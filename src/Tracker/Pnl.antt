-- ===== src/Tracker/Pnl.antt =====
-- The profits of an agent's lots, and its closing losses in a row.
use multi_agent_llm_trading.Prelude.{
  ℕ, suc, ◌+◌, ◌*◌, not, ◌&&◌, String, Option, none, some, List, [], ◌∷◌, keep, leb, ◌==◌,
  if◌then◌else◌,
}
use multi_agent_llm_trading.Prelude.Int.{ℤ, pos, pos_part, neg_part, sub_ℕ, ◌+ℤ◌, ltb_ℤ}
use multi_agent_llm_trading.Types.{AgentId, agent_id_eq, Lot, unit, div_half_even, normalize_symbol}
use multi_agent_llm_trading.Tax.{realized_pnl}
use multi_agent_llm_trading.Lots.{dust_notional_usd}

-- From units of 10^-36 to units of 10^-18, half to even.
abbrev pub to_units : ℤ → ℤ
to_units z = sub_ℕ (div_half_even (pos_part z) unit) (div_half_even (neg_part z) unit)

abbrev pub pnl_or_zero : Option ℤ → ℤ
pnl_or_zero none = pos 0
pnl_or_zero (some pnl) = pnl

-- `_realized_pnl`
unfoldable pub realized : AgentId → List Lot → ℤ
realized agent_id [] = pos 0
realized agent_id (lot ∷ lots) =
    (if lot.agent_id == agent_id && lot.is_closed then pnl_or_zero (realized_pnl lot) else pos 0)
    +ℤ realized agent_id lots

abbrev pub or_else : Option ℕ → Option ℕ → Option ℕ
or_else none later = later
or_else (some mark) later = some mark

-- (mark - entry) * remaining, nothing where there is no mark.
abbrev pub paper_profit : Lot → Option ℕ → ℤ
paper_profit lot none = pos 0
paper_profit lot (some mark) =
    sub_ℕ (mark * lot.remaining_qty) (lot.entry_price * lot.remaining_qty)

-- `_unrealized_pnl`: dust is skipped, and a mark is looked up under both spellings.
unfoldable pub unrealized : AgentId → (String → Option ℕ) → List Lot → ℤ
unrealized agent_id mark_prices [] = pos 0
unrealized agent_id mark_prices (lot ∷ lots) =
    (if lot.agent_id == agent_id
        && (not lot.is_closed && leb dust_notional_usd (lot.remaining_qty * lot.entry_price))
      then paper_profit lot
          (or_else (mark_prices (normalize_symbol lot.symbol)) (mark_prices lot.symbol))
      else pos 0)
    +ℤ unrealized agent_id mark_prices lots

-- `lot.exit_date or date.min`
abbrev pub exit_key : Option ℕ → ℕ
exit_key none = 0
exit_key (some day) = suc day

pub insert_by_exit : Lot → List Lot → List Lot
insert_by_exit x [] = x ∷ []
insert_by_exit x (y ∷ ys) =
    if leb (exit_key x.exit_date) (exit_key y.exit_date)
    then x ∷ y ∷ ys
    else y ∷ insert_by_exit x ys

pub sort_by_exit : List Lot → List Lot
sort_by_exit [] = []
sort_by_exit (x ∷ xs) = insert_by_exit x (sort_by_exit xs)

abbrev pub count_loss : ℕ → Option ℤ → ℕ
count_loss n none = n
count_loss n (some pnl) = if ltb_ℤ pnl (pos 0) then n + 1 else 0

pub count_losses : ℕ → List Lot → ℕ
count_losses n [] = n
count_losses n (lot ∷ lots) = count_losses (count_loss n (realized_pnl lot)) lots

-- `_replay_consecutive_losses`
unfoldable pub replay_consecutive_losses : AgentId → List Lot → ℕ
unfolding sort_by_exit insert_by_exit count_losses
replay_consecutive_losses agent_id lots =
    count_losses 0 (sort_by_exit (keep (λ lot. lot.agent_id == agent_id && lot.is_closed) lots))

◇ ◇ ◇ ◇

Starting at the line that contains "paper_profit lot none = pos 0", print every line through the last one of the records, exactly and with nothing else.

paper_profit lot none = pos 0
paper_profit lot (some mark) =
    sub_ℕ (mark * lot.remaining_qty) (lot.entry_price * lot.remaining_qty)

-- `_unrealized_pnl`: dust is skipped, and a mark is looked up under both spellings.
unfoldable pub unrealized : AgentId → (String → Option ℕ) → List Lot → ℤ
unrealized agent_id mark_prices [] = pos 0
unrealized agent_id mark_prices (lot ∷ lots) =
    (if lot.agent_id == agent_id
        && (not lot.is_closed && leb dust_notional_usd (lot.remaining_qty * lot.entry_price))
      then paper_profit lot
          (or_else (mark_prices (normalize_symbol lot.symbol)) (mark_prices lot.symbol))
      else pos 0)
    +ℤ unrealized agent_id mark_prices lots

-- `lot.exit_date or date.min`
abbrev pub exit_key : Option ℕ → ℕ
exit_key none = 0
exit_key (some day) = suc day

pub insert_by_exit : Lot → List Lot → List Lot
insert_by_exit x [] = x ∷ []
insert_by_exit x (y ∷ ys) =
    if leb (exit_key x.exit_date) (exit_key y.exit_date)
    then x ∷ y ∷ ys
    else y ∷ insert_by_exit x ys

pub sort_by_exit : List Lot → List Lot
sort_by_exit [] = []
sort_by_exit (x ∷ xs) = insert_by_exit x (sort_by_exit xs)

abbrev pub count_loss : ℕ → Option ℤ → ℕ
count_loss n none = n
count_loss n (some pnl) = if ltb_ℤ pnl (pos 0) then n + 1 else 0

pub count_losses : ℕ → List Lot → ℕ
count_losses n [] = n
count_losses n (lot ∷ lots) = count_losses (count_loss n (realized_pnl lot)) lots

-- `_replay_consecutive_losses`
unfoldable pub replay_consecutive_losses : AgentId → List Lot → ℕ
unfolding sort_by_exit insert_by_exit count_losses
replay_consecutive_losses agent_id lots =
    count_losses 0 (sort_by_exit (keep (λ lot. lot.agent_id == agent_id && lot.is_closed) lots))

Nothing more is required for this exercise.